Wise also seeks to demonstrate that the political dirty tricks and related operations of Nixon's CREEP were somehow unique, the product of a peculiar megalomaniacal paranoia that infected Nixon's inner circle. Of course, anyone—including Wise—who knows anything about politics knows better. Dirty tricks are part of the political game. But Wise wants us to believe that the Nixon gang was worse than the usual run of political rotters, which is not so—except, perhaps, in terms of competence.

(An aside: If you want the low-down on police-state abuses under presidents other than Nixon and on political dirty trickery in general, pick up a copy of Victor Lasky's It Didn't Start with Watergate. Lasky puts everything in perspective and does so in very readable fashion.)

For all its size, The American Police State contains nothing new of importance. Anyone who has kept up with the Watergate scandals will find Wise's accounts of the wiretap operations, the break-ins at the office of Ellsberg's shrink and the Watergate, etc., to be slightly embellished reruns.

Similarly, the chapter on the IRS is little more than a rehash of media reports on (1) the Nixon gang's efforts to manipulate and harass its enemies through (and to shield its friends against) IRS audits and (2) the IRS's efforts to sniff out (and encourage?) dissipation and sexual "deviance" among high officials in Florida. As if no other presidential administration used the files and power of the IRS in attempts to destroy its enemies. As if the Hank Hohenstein and Karl Bray cases never happened. As if the IRS did not routinely violate the constitutional rights of thousands of Americans.

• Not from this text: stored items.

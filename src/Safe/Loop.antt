-- ===== src/Safe/Loop.antt =====
-- The invariant through sendData, checkIdleClients and refreshPollEvents.
use ft_irc.Server.Changes.{Keeps-disconnect_after_flush}
use ft_irc.Safe.Step.{
  Round-refl, Round-and, Round-of-Keeps, Round-on_client, Round-mark, Round, KeepsSelf,
}
use ft_irc.Base.{
  ℕ, ◌/◌, ltb, ◌==◌, ◌&&◌, not, if_both, Option-cases, inl, inr, refl, Option, none, some, List, [],
  ◌∷◌, codes, is_empty, if◌then◌else◌, length, Text,
}
use ft_irc.Map.{Map, lookup, nat_key, text_key}
use ft_irc.Client.{send_reply, get_closing_time, get_connect_time, get_idle_time}
use ft_irc.Heap.{client, on_client}
use ft_irc.Server.{Server, PollFd, on_heap}
use ft_irc.Server.Inv.{Inv, Inv-shell}
use ft_irc.Server.Disconnect.{mark_for_disconnection}
use ft_irc.Loop.{
  finish_closing, send_data, erase_sent, check_idle_client, check_idle_each, check_idle_clients,
  set_ping_sent, timeout_seconds, timeout_registration, refresh_poll_fd, refresh_poll_fds,
  refresh_poll_events, max_sendq,
}

Round-closing : (s : Server) (m : Map ℕ Text) → Inv s → Round s (record s { closing = m })
Round-closing s m v = record {
  inv = Inv-shell s s.poll_fds s.to_disconnected m v;
  same_clients = refl;
  still_live = λ p l. l;
  no_vacancy = λ x w. w;
}

Round-polls : (s : Server) (polls : List PollFd) → Inv s → Round s (record s { poll_fds = polls })
Round-polls s polls v = record {
  inv = Inv-shell s polls s.to_disconnected s.closing v;
  same_clients = refl;
  still_live = λ p l. l;
  no_vacancy = λ x w. w;
}

Round-finish_closing : (fd : ℕ) (s : Server) → Inv s → Round s (finish_closing fd s)
unfolding finish_closing
Round-finish_closing fd s v = elim (Option-cases (lookup fd s.closing)) [
  | inl e ↦ rw (e, finish_closing) (Round-refl s v)
  | inr (reason, e) ↦
      rw (e, finish_closing) (Round-and (Round-mark fd reason s v) (λ a. Round-closing _ _ a))
]

-- If the invariant holds, it holds after sending on any descriptor, whatever `send` reports; the
-- table of connections stays, and every client that is there stays; and a channel that is
-- without members then was so before.
pub Round-send_data :
    (fd : ℕ) (sent : Option ℕ) (s : Server) → Inv s → Round s (send_data fd sent s)
unfolding send_data
Round-send_data fd sent s v = elim (Option-cases (lookup fd s.clients)) [
  | inl e ↦ rw (e, send_data) (Round-refl s v)
  | inr (p, e) ↦
      rw (e, send_data)
        (if_both (Round s) (is_empty (client s.heap p).write_buffer) _ _ (λ q. Round-refl s v)
          (λ q. by_report p sent))
]
  where
    by_report :
        (p : ℕ) (sent : Option ℕ)
        → Round s (elim sent [
          | none ↦ mark_for_disconnection fd (codes "Send error") s
          | some n ↦
              (let s' = on_heap (on_client p (erase_sent n)) s in
                if is_empty (client s'.heap p).write_buffer then finish_closing fd s' else s')
        ])
    by_report p none = Round-mark fd _ s v
    by_report p (some n) =
        Round-and
          (Round-on_client p (erase_sent n) s
            (record {
              links = record {
                same_joined = λ x. refl;
                same_invited = λ x. refl;
                same_fd = λ x. refl;
              };
              same_persona = λ x. refl;
            })
            v)
          (λ a.
            if_both (Round _)
              (is_empty (client (on_heap (on_client p (erase_sent n)) s).heap p).write_buffer) _ _
              (λ q. Round-finish_closing fd _ a) (λ q. Round-refl _ a))

pub Round-check_idle_client :
    (now fd p : ℕ) (s : Server) → Inv s → Round s (check_idle_client now fd p s)
unfolding check_idle_client
Round-check_idle_client now fd p s v = elim (Option-cases (lookup fd s.closing)) [
  | inr (reason, e) ↦
      rw (e, check_idle_client)
        (if_both (Round s) (ltb 5 (get_closing_time now (client s.heap p))) _ _
          (λ q. Round-mark fd reason s v) (λ q. Round-refl s v))
  | inl e ↦
      rw (e, check_idle_client)
        (if_both (Round s) (not (client s.heap p).is_registered) _ _
          (λ n.
            if_both (Round s) (ltb timeout_registration (get_connect_time now (client s.heap p))) _
              _ (λ q. Round-mark fd _ s v) (λ q. Round-refl s v))
          (λ r.
            if_both (Round s) (ltb timeout_seconds (get_idle_time now (client s.heap p))) _ _
              (λ q. Round-of-Keeps (Keeps-disconnect_after_flush now p _ s v))
              (λ q.
                if_both (Round s)
                  (ltb (timeout_seconds / 2) (get_idle_time now (client s.heap p))
                    && not (client s.heap p).ping_sent)
                  _ _
                  (λ y.
                    Round-and (Round-on_client p (send_reply (codes "PING :ircserv")) s own_reply v)
                      (λ a. Round-on_client p set_ping_sent _ own a))
                  (λ y. Round-refl s v))))
]
  where
    own : KeepsSelf set_ping_sent
    own = record {
      links = record { same_joined = λ x. refl; same_invited = λ x. refl; same_fd = λ x. refl };
      same_persona = λ x. refl;
    }

    own_reply : KeepsSelf (send_reply (codes "PING :ircserv"))
    own_reply =
        unfold send_reply in
        record {
          links = record { same_joined = λ x. refl; same_invited = λ x. refl; same_fd = λ x. refl };
          same_persona = λ x. refl;
        }

Round-check_idle_each :
    (now : ℕ) (m : Map ℕ ℕ) (s : Server) → Inv s → Round s (check_idle_each now m s)
unfolding check_idle_each
Round-check_idle_each now [] s v = Round-refl s v
Round-check_idle_each now ((fd, p) ∷ rest) s v =
    Round-and (Round-check_idle_client now fd p s v) (λ a. Round-check_idle_each now rest _ a)

-- If the invariant holds, it holds after the idle checks at any time; the table of connections
-- stays, and every client that is there stays; and a channel that is without members then was so
-- before.
pub Round-check_idle_clients : (now : ℕ) (s : Server) → Inv s → Round s (check_idle_clients now s)
unfolding check_idle_clients
Round-check_idle_clients now s v = Round-check_idle_each now s.clients s v

Round-refresh_poll_fd : (poll : PollFd) (s : Server) → Inv s → Round s (refresh_poll_fd poll s).1
unfolding refresh_poll_fd
Round-refresh_poll_fd poll s v =
    if_both (λ (r : PollFd × Server). Round s r.1) (poll.fd == s.server_fd) _ _
      (λ e. Round-refl s v)
      (λ e. elim (Option-cases (lookup poll.fd s.clients)) [
        | inl f ↦ rw f (Round-refl s v)
        | inr (p, f) ↦ rw f (
            if_both (λ (r : PollFd × Server). Round s r.1)
              (ltb max_sendq (length (client s.heap p).write_buffer)) _ _
              (λ q. Round-mark poll.fd _ s v)
              (λ q.
                if_both (λ (r : PollFd × Server). Round s r.1)
                  (not (is_empty (client s.heap p).write_buffer)) _ _ (λ y. Round-refl s v)
                  (λ y. Round-refl s v)))
      ])

Round-refresh_poll_fds :
    (polls : List PollFd) (s : Server) → Inv s → Round s (refresh_poll_fds polls s).1
unfolding refresh_poll_fds
Round-refresh_poll_fds [] s v = Round-refl s v
Round-refresh_poll_fds (poll ∷ rest) s v =
    Round-and (Round-refresh_poll_fd poll s v) (λ a. Round-refresh_poll_fds rest _ a)

-- If the invariant holds, it holds after the poll events are refreshed; the table of connections
-- stays, and every client that is there stays; and a channel that is without members then was so
-- before.
pub Round-refresh_poll_events : (s : Server) → Inv s → Round s (refresh_poll_events s)
unfolding refresh_poll_events
Round-refresh_poll_events s v =
    Round-and (Round-refresh_poll_fds s.poll_fds s v) (λ a. Round-polls _ _ a)
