-- ===== src/Safe/Serve.antt =====
-- The invariant through the loop of Server::run over the entries with an event.
use ft_irc.Safe.Step.{Round-refl, Round-and, Round-mark, Round}
use ft_irc.Base.{ℕ, ◌&&◌, ◌||◌, not, List, [], ◌∷◌, ◌==◌, if_both, if◌then◌else◌}
use ft_irc.Server.{Server}
use ft_irc.Server.Disconnect.{is_marked}
use ft_irc.Server.Inv.{Inv}
use ft_irc.Server.Accept.{IsUnused, Inv-accept_new_client}
use ft_irc.Loop.{receive_data}
use ft_irc.Loop.Round.{Report, serve_client, serve, serve_each}
use ft_irc.Safe.Receive.{Round-receive_data}
use ft_irc.Safe.Loop.{Round-send_data}

pub Round-serve_client :
    (now : ℕ) (r : Report) (s : Server) → Inv s → Round s (serve_client now r s)
unfolding serve_client
Round-serve_client now r s v =
    let first : Round s (if r.pollin || r.pollhup then receive_data now r.fd r.receiving s else s) =
      if_both (Round s) (r.pollin || r.pollhup) _ _
        (λ e. Round-receive_data now r.fd r.receiving s v) (λ e. Round-refl s v) in
    Round-and first (λ a.
      if_both (Round _)
        (r.pollout
          && not (
              is_marked (if r.pollin || r.pollhup then receive_data now r.fd r.receiving s else s)
                r.fd))
        _ _ (λ e. Round-send_data r.fd r.sending _ a) (λ e. Round-refl _ a))

pub Inv-serve :
    (now : ℕ) (r : Report) (s : Server) → IsUnused r.accepting s → Inv s → Inv (serve now r s)
unfolding serve
Inv-serve now r s u v =
    if_both Inv (r.fd == s.server_fd) _ _
      (λ e. if_both Inv r.pollin _ _ (λ q. Inv-accept_new_client now r.accepting s u v) (λ q. v))
      (λ e.
        if_both Inv (r.pollerr || r.pollnval) _ _ (λ q. (Round-mark r.fd _ s v).inv)
          (λ q. (Round-serve_client now r s v).inv))

-- Whenever a connection is accepted, its descriptor is not that of another connection.
abbrev pub AreUnused : ℕ → List Report → Server → Type 0
AreUnused now [] s = Unit
AreUnused now (r ∷ rs) s = IsUnused r.accepting s × AreUnused now rs (serve now r s)

-- If the invariant holds, and the descriptor of every new connection is not in the table of
-- connections when it is accepted, the invariant holds after all entries with an event are
-- served, whatever the system calls report.
pub Inv-serve_each :
    (now : ℕ) (reports : List Report) (s : Server)
    → AreUnused now reports s
    → Inv s
    → Inv (serve_each now reports s)
unfolding serve_each
Inv-serve_each now [] s u v = v
Inv-serve_each now (r ∷ rs) s u v = Inv-serve_each now rs _ u.1 (Inv-serve now r s u.0 v)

The stories of CIA hugger-mugger are more of the same: the plots to kill Castro with Mafia help, domestic spying in violation of the law, secret experiments with mind-altering drugs using unwitting human subjects, and so on. All bad and disturbing, to say the least; but unless you have been completely out of touch with the world for the past four years, you have read and heard it all before.

In connection with CIA domestic operations, Wise incorrectly claims that all such activities are illegal and improper. The CIA quite properly is prohibited from running operations against domestic targets. It is not, however, prohibited from carrying out activities within the United States that are directed at targets abroad—again, quite properly. Many legitimate foreign operations require domestic support outside the usual headquarters bureaucracy. Much foreign intelligence information can be most effectively collected right here at home, without in any way infringing anyone's rights. Wise and others conveniently ignore the important distinction between, for example, the illegal CIA support for Nixon's Plumbers and a CIA interview of an American scientist who has volunteered to provide information he picked up while visiting the Soviet Union.

Wise purports to tell the story of "the government against the people," yet he completely ignores the depredations of such statist monstrosities as OSHA, FDA, DEA, and FTC. Apparently only those agencies involved in "national security" work are capable of police-state abuses. Apparently only those politicians who justify their illicit activities as being in the interest of "national security" are in the wrong. Trampling on the rights of individuals is perfectly okay if it is done for "humanitarian" reasons.

None of this is to defend the very real and dangerous abuses of power, the sins of commission and omission, the malversation, the mis- and malfeasance in high places that have come, inevitably, with the rampant growth of the American State. Nor is it to suggest that all this be shrugged off as being "just the way things are." But it is to warn you away from wasting your time and money. If you have kept up with the Watergate and related investigations, don't bother with The American Police State. If not, it might be worth your while—read critically and with a pot of strong coffee at hand.

Mr. Pflock is a free-lance writer and editor and a contributing editor to REASON.